Taeniocrada from the Lower to Middle Devonian are vascular plants whose axes are flattened, i.e. not cylindrical. They are dichotomously branched, the terminal sporangia are three to seven millimeters long. Some sporangia are also laterally (lateral). The fossils appear in dense mats and have no stomata on the axes. It is viewed by some researchers as an aquatic plant.
Huvenia from Devonian also has flattened axes. Outgrowths sitting at the forks are interpreted as rhizophores. The sporangia are twisted and stand on their main axes near branches on pads called sporangiophores.
Renalia hueberi from the Lower Devonian of Gaspé (Quebec) is up to 30 centimeters high and consists of a pseudomonopodial main axis on which dichotomously branching side branches sit, which end in kidney-shaped sporangia. This form of sporangia refers to the Zosterophyllophyta , in the vicinity of which they are also placed by Kenrick and Crane.
Nothia has bare axes and pear-shaped sporangia. Kenrick and Crane place them near the Lycopodiopsida .

supporting documents

Paul Kenrick, Peter R. Crane: The Origin and Early Diversification of Land Plants. A Cladistic Study . Smithsonian Institution Press, Washington DC 1997, pp. 319f. ISBN 1-56098-729-4
Thomas N. Taylor, Edith L. Taylor: The Biology and Evolution of Fossil Plants . Prentice Hall, Englewood Cliffs 1993, pp. 191-203. ISBN 0-13-651589-4

Individual evidence

↑ Kenrick, Crane: The Origin and Early Diversification of Land Plants. A Cladistic Study , 1997, part of Fig. 4.31.
↑ Kenrick, Crane: The Origin and Early Diversification of Land Plants. A Cladistic Study , 1997, p. 134.
↑ Kenrick, Crane: The Origin and Early Diversification of Land Plants. A Cladistic Study , 1997, Table 7.5.
↑ after Taylor and Taylor, 1993, pp. 192-195, 201-203.

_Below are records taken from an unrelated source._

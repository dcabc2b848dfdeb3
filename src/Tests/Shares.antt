-- ===== src/Tests/Shares.antt =====
-- Runs of the sharing of tokens.
use mathlib.Core.Option
use secretstash.Base.{
  ℕ, ◌≡◌, ◌≢◌, refl, List, [], ◌∷◌, map, Bytes, length, get_or, bit_xor, All, arith,
}
use secretstash.Base.Result.{Result, ok, err}
use secretstash.Shamir.Codec.{IsBytes}
use secretstash.Shamir.Gf.{u8, gf_shift, gf_mul_loop, gf_mul, gf_inv_loop, gf_inv}
use secretstash.Shamir.Gf.Power.{gf_mul_times, gf_inv_loop-gf_mul_times}
use secretstash.Shamir.Gf.Instance.{gf, gf_mul_field}
use secretstash.Shamir.Lagrange.{Distinct}
use secretstash.Shamir.Raw.{split_raw, combine_raw}
use secretstash.Shamir.Raw.Split.{coordinates, polynomials, share_at, split_raw-share_at}
use secretstash.Shamir.Raw.Combine.{IsPolynomial, combine_raw-share_at}
use secretstash.Shamir.Share.{Failure, split, combine, encode_share, decode_share}
use secretstash.Shamir.Share.Decode.{decode_share-encode_share}
use secretstash.Shamir.Share.Combine.{Separate, text, point, IsBody, combine-encode_share}
use secretstash.Shamir.Share.RoundTrip.{combine-split}
use secretstash.Shamir.Share.Splits.{Fills}
use secretstash.Shamir.Share.Hiding.{mask_for, split-mask_for}
use secretstash.Shamir.Share.Sound.{Sound, combine-Sound}
use secretstash.Shamir.Share.Total.{split_total}
use secretstash.Tests.Samples.{codec, rand, rand-Fills, rand-Draws}

nonzero : u8 83 ≢ 0
nonzero = omega arith

gf_mul_field_example :
    (gf_mul (gf_mul 83 131) 19 ≡ gf_mul 83 (gf_mul 131 19))
    × (gf_mul 83 131 ≡ gf_mul 131 83)
    × (gf_mul 83 (bit_xor 131 19) ≡ bit_xor (gf_mul 83 131) (gf_mul 83 19))
    × (gf_mul 83 (gf_inv 83) ≡ 1)
gf_mul_field_example = gf_mul_field 83 131 19 nonzero

gf_inv_loop-gf_mul_times_example : gf_inv_loop 9 254 1 83 ≡ gf_mul_times 254 1 83
gf_inv_loop-gf_mul_times_example = gf_inv_loop-gf_mul_times 9 254 1 83 (omega arith)

-- The product of the AES standard's example.
gf_mul_aes : gf_mul 87 131 ≡ 193
unfolding gf_mul gf_mul_loop gf_shift
gf_mul_aes = refl

abbrev secret : Bytes
secret = 42 ∷ 200 ∷ []

abbrev polys : List Bytes
polys = (42 ∷ 7 ∷ []) ∷ (200 ∷ 8 ∷ []) ∷ []

polys-IsPolynomial : All (IsPolynomial 2) polys
polys-IsPolynomial = (
  (omega arith, (omega arith, tt), omega arith),
  ((omega arith, (omega arith, tt), omega arith), tt),
)

points-Distinct : Distinct gf (3 ∷ 1 ∷ [])
points-Distinct = (((λ p. absurd (omega arith)), tt), (tt, tt))

combine_raw-share_at_example : combine_raw (map (share_at polys) (3 ∷ 1 ∷ [])) ≡ secret
combine_raw-share_at_example =
    combine_raw-share_at polys 3 (1 ∷ []) polys-IsPolynomial points-Distinct

split_raw-share_at_example :
    split_raw rand secret 3 2
    ≡ Option.map (λ ps. map (share_at ps) (coordinates 0 3)) (polynomials rand 2 0 secret)
split_raw-share_at_example = split_raw-share_at rand secret 3 2

secret-IsBytes : IsBytes secret
secret-IsBytes = (omega arith, (omega arith, tt))

secret_ne : secret ≢ []
secret_ne p = cc

decode_share-encode_share_example :
    decode_share codec (encode_share codec 2 3 secret) ≡ ok (2, 3, secret)
decode_share-encode_share_example =
    decode_share-encode_share codec 2 3 secret (omega arith) (omega arith) (omega arith)
      (omega arith) secret-IsBytes secret_ne

split_total_example :
    (shares : List Bytes) × (split codec rand secret 3 2 ≡ ok shares) × (length shares ≡ 3)
split_total_example =
    split_total codec rand secret 3 2 rand-Draws secret_ne (omega arith) (omega arith) (omega arith)

-- The shares of the secret, as text.
abbrev shares_of : Result Failure (List Bytes) → List Bytes
shares_of (ok shares) = shares
shares_of (err e) = []

abbrev shares : List Bytes
shares = shares_of (split codec rand secret 3 2)

split_run : split codec rand secret 3 2 ≡ ok shares
unfolding split split_raw
split_run = refl

picks-Separate : Separate (2 ∷ 0 ∷ [])
picks-Separate = (((λ p. absurd (omega arith)), tt), (tt, tt))

-- The third and the first of three shares, in this order.
combine-split_example : combine codec (map (λ i. get_or shares i []) (2 ∷ 0 ∷ [])) ≡ ok secret
combine-split_example =
    combine-split codec rand secret 3 2 shares (2 ∷ 0 ∷ []) rand-Fills secret-IsBytes split_run
      (omega arith, (omega arith, tt)) picks-Separate (omega arith)

combine_run : combine codec (map (λ i. get_or shares i []) (2 ∷ 0 ∷ [])) ≡ ok secret
combine_run =
    combine-split codec rand secret 3 2 shares (2 ∷ 0 ∷ []) rand-Fills secret-IsBytes split_run
      (omega arith, (omega arith, tt)) picks-Separate (omega arith)

abbrev body : ℕ → Bytes
body x = x ∷ 9 ∷ []

bodies : All (IsBody codec 2 2 body) (5 ∷ 4 ∷ [])
bodies = (
  ((omega arith, omega arith), (omega arith, (omega arith, tt)), (λ p. cc), refl),
  (((omega arith, omega arith), (omega arith, (omega arith, tt)), (λ p. cc), refl), tt),
)

coordinates-Separate : Separate (5 ∷ 4 ∷ [])
coordinates-Separate = (((λ p. absurd (omega arith)), tt), (tt, tt))

combine-encode_share_example :
    combine codec (map (text codec 2 2 body) (5 ∷ 4 ∷ []))
    ≡ ok (combine_raw (map (point codec 2 2 body) (5 ∷ 4 ∷ [])))
combine-encode_share_example =
    combine-encode_share codec 2 2 body (5 ∷ 4 ∷ []) (omega arith) (omega arith) (omega arith)
      bodies coordinates-Separate

-- Two of three shares are needed: one of them is the same for another secret.
split-mask_for_example :
    Fills (mask_for codec 2 (1 ∷ []) secret (1 ∷ 2 ∷ []) rand)
    × ((i m : ℕ)
        → mask_for codec 2
            (1 ∷ [])
            secret
            (1 ∷ 2 ∷ [])
            (mask_for codec 2 (1 ∷ []) secret (1 ∷ 2 ∷ []) rand)
            i
            m
          ≡ rand i m)
    × ((shares' : List Bytes) × (split codec
            (mask_for codec 2 (1 ∷ []) secret (1 ∷ 2 ∷ []) rand)
            (1 ∷ 2 ∷ [])
            3
            2
          ≡ ok shares')
        × All (λ i. get_or shares' i [] ≡ get_or shares i []) (1 ∷ []))
split-mask_for_example =
    split-mask_for codec secret (1 ∷ 2 ∷ []) 3 2 (1 ∷ []) rand shares secret-IsBytes
      (omega arith, (omega arith, tt)) refl (omega arith, tt) (omega arith) rand-Fills split_run

combine-Sound_example : Sound codec (map (λ i. get_or shares i []) (2 ∷ 0 ∷ [])) secret
combine-Sound_example =
    combine-Sound codec (map (λ i. get_or shares i []) (2 ∷ 0 ∷ [])) secret combine_run
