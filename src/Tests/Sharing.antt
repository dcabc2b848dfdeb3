-- ===== src/Tests/Sharing.antt =====
-- A run of wrap in split mode, and of combine on two of three shares.
use secretstash.Base.{
  ◌≤◌, ◌≡◌, refl, ap, [], ◌∷◌, map, Option, none, some, true, false, Bytes, length, get_or, arith,
  lookup, insert, bytes_dec, ℕ_discrete,
}
use secretstash.Base.Int.{ℤ, pos}
use secretstash.Base.Result.{ok, ok_inj}
use secretstash.Base.Text.{ascii}
use secretstash.Shamir.Share.Combine.{Separate}
use secretstash.Store as store
use secretstash.Api.{Api, Response, wrapped, read_wrap}
use secretstash.Api as api
use secretstash.Api.Handlers.{admit, handle_wrap}
use secretstash.Api.RateLimit.{
  allow, peek_ok, refill_locked, refilled, gc_locked, charge, new_rate_limiter,
}
use secretstash.Api.Http.{Moment, wrap, unwrap, endpoints, body_limit}
use secretstash.Api.Http.Admit.{caller}
use secretstash.Crypto as crypto
use secretstash.Cli.{Flag, Parsed, terminal, client_flags, body_max, exit_ok}
use secretstash.Cli.Commands.{combine_all}
use secretstash.Cli.Wrap.{wrap_flags}
use secretstash.Cli.Delivery.{unwrap_request}
use secretstash.Cli.Sharing.{Shared, asked_of, wrap_request_of, admitted}
use secretstash.Cli.RoundTrip.{WrapsInParts, combine_all-wrap_flags}
use secretstash.Cli.Calls.{Reaches}
use secretstash.Tests.Samples.{codec, ciphers, rand, rand-Fills, rand-Draws}
use secretstash.Tests.Secrets.{token}
use secretstash.Tests.Handlers.{parse, server}
use secretstash.Tests.Wire.{setup, lib, flags, json, caller_addr, network, network-Reaches}

abbrev morning : Moment
morning = record { now = 0; later = 0; call = 0 }

abbrev evening : Moment
evening = record { now = 5; later = 5; call = 9 }

abbrev secret : Bytes
secret = 1 ∷ 2 ∷ []

abbrev numbers : Flag → Option ℤ
numbers Flag.shares = some (pos 3)
numbers Flag.threshold = some (pos 2)
numbers Flag.reads = some (pos 3)
numbers _ = none

abbrev texts : Flag → Option Bytes
texts Flag.addr = some flags.addr
texts _ = none

-- wrap --shares 3 --threshold 2 --reads 3, with the address of the sample network.
abbrev line : Parsed
line = record {
  text = texts;
  number = numbers;
  switch = λ f. none;
  texts = λ f. [];
  args = secret ∷ [];
}

abbrev before : Api
before = admitted setup lib (network morning) caller_addr morning rand [] server

abbrev after : Api × Response
after = handle_wrap codec ciphers parse rand before 0 0 (some (asked_of line secret))

in_parts : WrapsInParts lib line secret 3 2
in_parts = record {
  args = refl;
  shares = refl;
  threshold = refl;
  plain = unfold client_flags in refl;
  some_secret = λ p. cc;
  low = omega arith;
  high = omega arith;
  few = omega arith;
}

wrap_route : setup.mux endpoints (ascii "POST") (ascii "/v1/wrap") ≡ ok wrap
unfolding lookup bytes_dec ℕ_discrete
wrap_route = refl

unwrap_route : setup.mux endpoints (ascii "POST") (ascii "/v1/unwrap") ≡ ok unwrap
unfolding lookup bytes_dec ℕ_discrete
unwrap_route = refl

wrap_admitted :
    (admit server 0
      (caller setup (wrap_request_of setup lib (network morning) caller_addr morning rand [] []))).1
    ≡ true
unfolding admit allow peek_ok refill_locked refilled charge gc_locked api.new store.new lookup
    insert new_rate_limiter
wrap_admitted = refl

unwrap_admitted :
    (admit after.0 5
      (caller setup (unwrap_request setup lib (network evening) flags caller_addr evening token))).1
    ≡ true
unfolding admit allow peek_ok refill_locked refilled charge gc_locked api.new store.new lookup
    insert new_rate_limiter handle_wrap api.read_wrap crypto.new_token crypto.seal store.put
    ℕ_discrete bytes_dec secretstash.Api.Remote.remote_ip
unwrap_admitted = refl

limit_value : body_limit before.cfg.max_secret_size ≡ 69632
unfolding body_limit admit allow peek_ok refill_locked refilled charge gc_locked api.new store.new
    lookup insert new_rate_limiter
limit_value = refl

fits :
    (body : Bytes)
    → json.write_request secret (pos 3) [] ≡ ok body
    → length body ≤ body_limit before.cfg.max_secret_size
fits body e = omega (arith, limit_value, ap length (ok_inj e))

accepted :
    read_wrap setup.parse before.cfg (some (asked_of line secret))
    ≡ ok (secret, pos 86400000000000, pos 3)
unfolding read_wrap api.new admit allow peek_ok refill_locked refilled charge gc_locked store.new
    lookup insert new_rate_limiter
accepted = refl

answered :
    handle_wrap codec ciphers setup.parse rand before 0 0 (some (asked_of line secret))
    ≡ (after.0, wrapped token 86400000000000 (pos 3) none)
unfolding handle_wrap read_wrap api.new store.new store.put crypto.new_token crypto.seal
    crypto.encode_token admit allow peek_ok refill_locked refilled charge gc_locked lookup insert
    new_rate_limiter
answered = refl

picks-Separate : Separate (2 ∷ 0 ∷ [])
picks-Separate = (((λ p. absurd (omega arith)), tt), (tt, tt))

short : length (json.write_response (wrapped token 86400000000000 (pos 3) none)) ≤ body_max
unfolding crypto.encode_token
short = omega arith

line-Reaches : Reaches setup lib (network morning) (client_flags lib line).addr caller_addr morning
unfolding client_flags
line-Reaches = network-Reaches morning

combine_all-wrap_flags_example :
    let o = wrap_flags lib codec rand [] (network morning) terminal line server in
    (s : Shared lib codec rand 3 2 token (pos 3) after.0 o) × (let c =
        combine_all lib
          (network evening)
          codec
          flags
          false
          (map (λ i. get_or s.parts i []) (2 ∷ 0 ∷ []))
          o.world in
      (c.stdout ≡ secret) × (c.code ≡ exit_ok))
combine_all-wrap_flags_example =
    combine_all-wrap_flags setup lib (network morning) (network evening) caller_addr caller_addr
      morning evening rand [] terminal line flags secret 3 2 (2 ∷ 0 ∷ []) server after.0 token
      86400000000000 (pos 3) none (pos 86400000000000) (pos 3) rand-Fills rand-Fills rand-Draws
      in_parts refl line-Reaches (network-Reaches evening) wrap_route unwrap_route wrap_admitted
      unwrap_admitted refl refl refl fits short (omega arith) accepted answered (omega arith)
      (omega arith, (omega arith, tt)) picks-Separate (omega arith)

[1] Kenrick, Crane: The Origin and Early Diversification of Land Plants. A Cladistic Study , 1997, part of Fig. 4.31.

[2] Kenrick, Crane: The Origin and Early Diversification of Land Plants. A Cladistic Study , 1997, p. 134.

[3] Kenrick, Crane: The Origin and Early Diversification of Land Plants. A Cladistic Study , 1997, Table 7.5.

[4] ter Taylor and Taylor, 1993, pp. 192-195, 201-203.